Lai Seng Sin/Reuters
Lai Seng Sin/Reuters

Mais de 100 morreram em campos de imigrantes na Malásia

Mortes ocorreram nos últimos dois anos, informou a Comissão Nacional de Direitos Humanos do país

O Estado de S.Paulo

30 de março de 2017 | 03h08

KUALA LUMPUR - Mais de 100 estrangeiros morreram nos últimos dois anos nos campos de detenção de imigrantes da Malásia vítimas de várias doenças e de causas desconhecidas, de acordo com a Comissão Nacional de Direitos Humanos. Houve 83 mortes em 2015 e, pelo menos, 35 até o dia 20 de dezembro. 

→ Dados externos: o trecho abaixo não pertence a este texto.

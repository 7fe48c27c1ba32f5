-- ===== src/Planning/Join/Search.antt =====
-- `_shortest_path`: a breadth-first search from all start entities at once, that counts the shortest
-- paths to each entity. The sets are lists; the loops run on fuel.
use nl2data_core.Common.{
  ℕ, zero, suc, ◌+◌, none, some, List, [], ◌∷◌, ◌++◌, String, Result, ok, err, ◌>>=◌, if◌then◌else◌,
  get_or_else, ◌==◌, ltb, contains, length,
}
use nl2data_core.Common.Dict.{Dict, lookup, has_key, insert}
use nl2data_core.Planning.Join.Graph.{PlannerError, key_error, no_fuel, Hop, Adjacency}

-- `distances`, `counts`, `parents` and `queue`. The entity of a hop in `parents` is the parent.
pub record Search : Type 0 where
  pub distances : Dict ℕ
  pub counts : Dict ℕ
  pub parents : Dict (List Hop)
  pub queue : List String

-- `d[k]`
abbrev pub subscript {ℓ} : {V : Type ℓ} → String → Dict V → Result PlannerError V
subscript k d = elim (lookup k d) [ none ↦ err key_error | some v ↦ ok v ]

-- One turn of the loop over the start entities.
abbrev pub start_one : Adjacency → String → Search → Search
start_one adjacency start s =
    if has_key start adjacency
    then record s {
      distances = insert start 0 s.distances;
      counts = insert start 1 s.counts;
      queue = s.queue ++ start ∷ [];
    }
    else s

unfoldable pub start_from : Adjacency → List String → Search → Search
start_from adjacency [] s = s
start_from adjacency (start ∷ starts) s = start_from adjacency starts (start_one adjacency start s)

-- `neighbor not in distances`: its first path.
abbrev pub discover : String → Hop → ℕ → ℕ → Search → Search
discover node hop d c s = record {
  distances = insert hop.entity (d + 1) s.distances;
  counts = insert hop.entity c s.counts;
  parents = insert hop.entity (record hop { entity = node } ∷ []) s.parents;
  queue = s.queue ++ hop.entity ∷ [];
}

-- `distances[neighbor] == distances[node] + 1`: further paths of the same length.
abbrev pub join_paths : String → Hop → ℕ → ℕ → Search → Search
join_paths node hop c known s = record s {
  counts = insert hop.entity (known + c) s.counts;
  parents =
      insert hop.entity
        (get_or_else (lookup hop.entity s.parents) [] ++ record hop { entity = node } ∷ [])
        s.parents;
}

-- One turn of the loop over the neighbors of `node`.
unfoldable pub relax : String → Hop → Search → Result PlannerError Search
relax node hop s = subscript node s.distances >>= λ d. subscript node s.counts >>= λ c.
    elim (lookup hop.entity s.distances) [
      | none ↦ ok (discover node hop d c s)
      | some e ↦
          if e == d + 1
          then (subscript hop.entity s.counts >>= λ known. ok (join_paths node hop c known s))
          else ok s
    ]

unfoldable pub relax_all : String → List Hop → Search → Result PlannerError Search
relax_all node [] s = ok s
relax_all node (hop ∷ hops) s = relax node hop s >>= relax_all node hops

-- `while queue`
unfoldable pub search : ℕ → Adjacency → Search → Result PlannerError Search
search zero adjacency s = elim s.queue [ [] ↦ ok s | node ∷ queue ↦ err no_fuel ]
search (suc fuel) adjacency s = elim s.queue [
  | [] ↦ ok s
  | node ∷ queue ↦
      relax_all node (get_or_else (lookup node adjacency) []) (record s { queue = queue })
      >>= search fuel adjacency
]

-- The loop that follows the parents back from `current`; the fuel is a distance.
unfoldable pub walk_back :
    ℕ → List String → Dict (List Hop) → String → List Hop → Result PlannerError (List Hop)
walk_back zero starts parents current path =
    if contains current starts then ok path else err no_fuel
walk_back (suc fuel) starts parents current path =
    let back = subscript current parents >>= λ hops. elim hops [
      | [] ↦ err key_error
      | hop ∷ others ↦
          walk_back fuel starts parents hop.entity (record hop { entity = current } ∷ path)
    ] in
    if contains current starts then ok path else back

pub data PathResult : Type 0 where
  unreachable ambiguous : PathResult
  found : List Hop → PathResult

unfoldable pub read_path : List String → String → Search → Result PlannerError PathResult
read_path starts end s = elim (lookup end s.distances) [
  | none ↦ ok unreachable
  | some d ↦ subscript end s.counts >>= λ c.
      if ltb 1 c
      then ok ambiguous
      else (walk_back d starts s.parents end [] >>= λ path. ok (found path))
]

abbrev pub no_search : Search
no_search = record { distances = []; counts = []; parents = []; queue = [] }

-- `_shortest_path`; a hop of the result names the entity that it leads to. `endpoints` bounds the
-- entities that the search can discover: twice the number of edges.
unfoldable pub shortest_path : ℕ → Adjacency → List String → String → Result PlannerError PathResult
unfolding start_from relax relax_all search walk_back read_path
shortest_path endpoints adjacency starts end =
    if contains end starts
    then ok (found [])
    else if has_key end adjacency
    then (search (endpoints + length starts) adjacency (start_from adjacency starts no_search)
        >>= read_path starts end)
    else ok unreachable
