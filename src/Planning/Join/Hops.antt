-- ===== src/Planning/Join/Hops.antt =====
-- The adjacency lists hold hops of the graph, each under the entity that it leaves.
use mathlib.Core.List.{Memᴰ}
use nl2data_core.Common.{
  ◌≡◌, refl, sym, subst, Bool-cases, inl, inr, true, List, [], ◌∷◌, String, arith, All, All-append,
  str_eq, str_eq_iff, contains, get_or_else, length, ◌+◌,
}
use nl2data_core.Common.Dict.{lookup, lookup-insert}
use nl2data_core.Common.Sort.{str_leb}
use nl2data_core.Planning.Join.Graph.{
  RelationshipEdge, Direction, forward, reverse, Hop, Adjacency, add_hop, add_edge, add_edges,
  insert_hop, sort_hops, sort_all, build_adjacency,
}

abbrev pub source_of : RelationshipEdge → Direction → String
source_of e forward = e.left_entity_id
source_of e reverse = e.right_entity_id

abbrev pub target_of : RelationshipEdge → Direction → String
target_of e forward = e.right_entity_id
target_of e reverse = e.left_entity_id

-- A hop over an edge of the graph, from `node` to its entity.
pub record IsHop (edges : List RelationshipEdge) (node : String) (hop : Hop) : Type 0 where
  pub of_graph : Memᴰ hop.edge edges
  pub leaves : source_of hop.edge hop.direction ≡ node
  pub enters : target_of hop.edge hop.direction ≡ hop.entity

abbrev pub neighbors : String → Adjacency → List Hop
neighbors node adjacency = get_or_else (lookup node adjacency) []

abbrev pub AllHops : List RelationshipEdge → Adjacency → Type 0
AllHops edges adjacency = (node : String) → All (IsHop edges node) (neighbors node adjacency)

-- All entities at an end of an edge.
abbrev pub endpoints : List RelationshipEdge → List String
endpoints [] = []
endpoints (e ∷ edges) = e.left_entity_id ∷ e.right_entity_id ∷ endpoints edges

pub length-endpoints :
    (edges : List RelationshipEdge) → length (endpoints edges) ≡ length edges + length edges
length-endpoints [] = omega arith
length-endpoints (e ∷ edges) = omega (arith, length-endpoints edges)

endpoint_of :
    (e : RelationshipEdge) (d : Direction) (edges : List RelationshipEdge)
    → Memᴰ e edges
    → contains (target_of e d) (endpoints edges) ≡ true
endpoint_of e d [] m = elim m [ ]
endpoint_of e forward (x ∷ edges) (Memᴰ.head h) =
    rw h (ground (arith, str_eq_iff x.right_entity_id x.right_entity_id))
endpoint_of e reverse (x ∷ edges) (Memᴰ.head h) =
    rw h (ground (arith, str_eq_iff x.left_entity_id x.left_entity_id))
endpoint_of e d (x ∷ edges) (Memᴰ.tail m) = ground (arith, endpoint_of e d edges m)

pub IsHop-endpoints :
    {edges : List RelationshipEdge} {node : String} {hop : Hop}
    → IsHop edges node hop
    → contains hop.entity (endpoints edges) ≡ true
IsHop-endpoints {edges} {hop} h =
    subst (λ x. contains x (endpoints edges) ≡ true) h.enters
      (endpoint_of hop.edge hop.direction edges h.of_graph)

module _ (edges : List RelationshipEdge) where
  AllHops-add_hop :
      (entity : String) (hop : Hop) (adjacency : Adjacency)
      → IsHop edges entity hop
      → AllHops edges adjacency
      → AllHops edges (add_hop entity hop adjacency)
  AllHops-add_hop entity hop adjacency h all node =
      rw lookup-insert (elim (Bool-cases (str_eq entity node)) [
        | inr other ↦ rw other (all node)
        | inl same ↦ rw same (
            All-append (IsHop edges node) (neighbors entity adjacency) (hop ∷ [])
              (subst (λ x. All (IsHop edges node) (neighbors x adjacency))
                (sym ((str_eq_iff entity node).0 same)) (all node))
              (subst (λ x. IsHop edges x hop) ((str_eq_iff entity node).0 same) h, tt))
      ])

  AllHops-add_edges :
      (es : List RelationshipEdge) (adjacency : Adjacency)
      → ((e : RelationshipEdge) → Memᴰ e es → Memᴰ e edges)
      → AllHops edges adjacency
      → AllHops edges (add_edges es adjacency)
  unfolding add_edges
  AllHops-add_edges [] adjacency within all = all
  AllHops-add_edges (e ∷ es) adjacency within all =
      let of_graph = within e (Memᴰ.head refl) in
      AllHops-add_edges es (add_edge e adjacency) (λ x m. within x (Memᴰ.tail m))
        (AllHops-add_hop e.right_entity_id _ _
          (record { of_graph = of_graph; leaves = refl; enters = refl })
          (AllHops-add_hop e.left_entity_id _ _
            (record { of_graph = of_graph; leaves = refl; enters = refl }) all))

module _ (P : Hop → Type 0) where
  All-insert_hop : (h : Hop) (hops : List Hop) → P h → All P hops → All P (insert_hop h hops)
  unfolding insert_hop
  All-insert_hop h [] p all = (p, tt)
  All-insert_hop h (k ∷ hops) p all = elim (Bool-cases (str_leb h.edge.edge_id k.edge.edge_id)) [
    | inl before ↦ rw before (p, all)
    | inr after ↦ rw after (all.0, All-insert_hop h hops p all.1)
  ]

  All-sort_hops : (hops : List Hop) → All P hops → All P (sort_hops hops)
  unfolding sort_hops
  All-sort_hops [] all = tt
  All-sort_hops (h ∷ hops) all = All-insert_hop h (sort_hops hops) all.0 (All-sort_hops hops all.1)

  All-sort_all :
      (node : String) (adjacency : Adjacency)
      → All P (neighbors node adjacency)
      → All P (neighbors node (sort_all adjacency))
  unfolding sort_all
  All-sort_all node [] all = tt
  All-sort_all node ((k, hops) ∷ adjacency) all = elim (Bool-cases (str_eq node k)) [
    | inl same ↦ rw same (All-sort_hops hops (rw same at all))
    | inr other ↦ rw other (All-sort_all node adjacency (rw other at all))
  ]

pub build_adjacency-AllHops :
    (edges : List RelationshipEdge) → AllHops edges (build_adjacency edges)
unfolding build_adjacency
build_adjacency-AllHops edges node =
    All-sort_all (IsHop edges node) node (add_edges edges [])
      (AllHops-add_edges edges edges [] (λ e m. m) (λ n. tt) node)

Ainda é incerto se a taxa de morte é mais alta nos países vizinhos. Oficiais do governo da Indonésia e da Tailândia, por exemplo, informaram que esses números não são divulgados. A taxa da Malásia é mais alta que em nações como Estados Unidos, que teve 10 mortes em um ano nos seus centros de detenção, mesmo contando com muito mais detidos que a Malásia. 

Mais da metade dos 118 mortos são de Myanmar, de onde partem dezenas de milhares de refugiados que chegam à Malásia, incluindo muçulmanos fugindo da perseguição religiosa no país, de maioria budista. As doenças que levaram à mortes podem ter sido causadas por más condições de saneamento e alimentação, abuso físico e falta de tratamento médico, informou a comissão. 

"Concordo que há uma superlotação e as condições não são ideais. O problema é que batemos em uma barreira de orçamento", disse Nur Jazlan Mohamed, representante do Ministério de Assuntos Internos. Ele reconhece que não há dinheiro suficiente para aprimorar as estruturas, fornecer assistência médica adequada nem contratar e treinar oficiais. Jazlan culpa a superlotação pelo "fluxo interminável de pessoas buscando um futuro melhor na Malásia". 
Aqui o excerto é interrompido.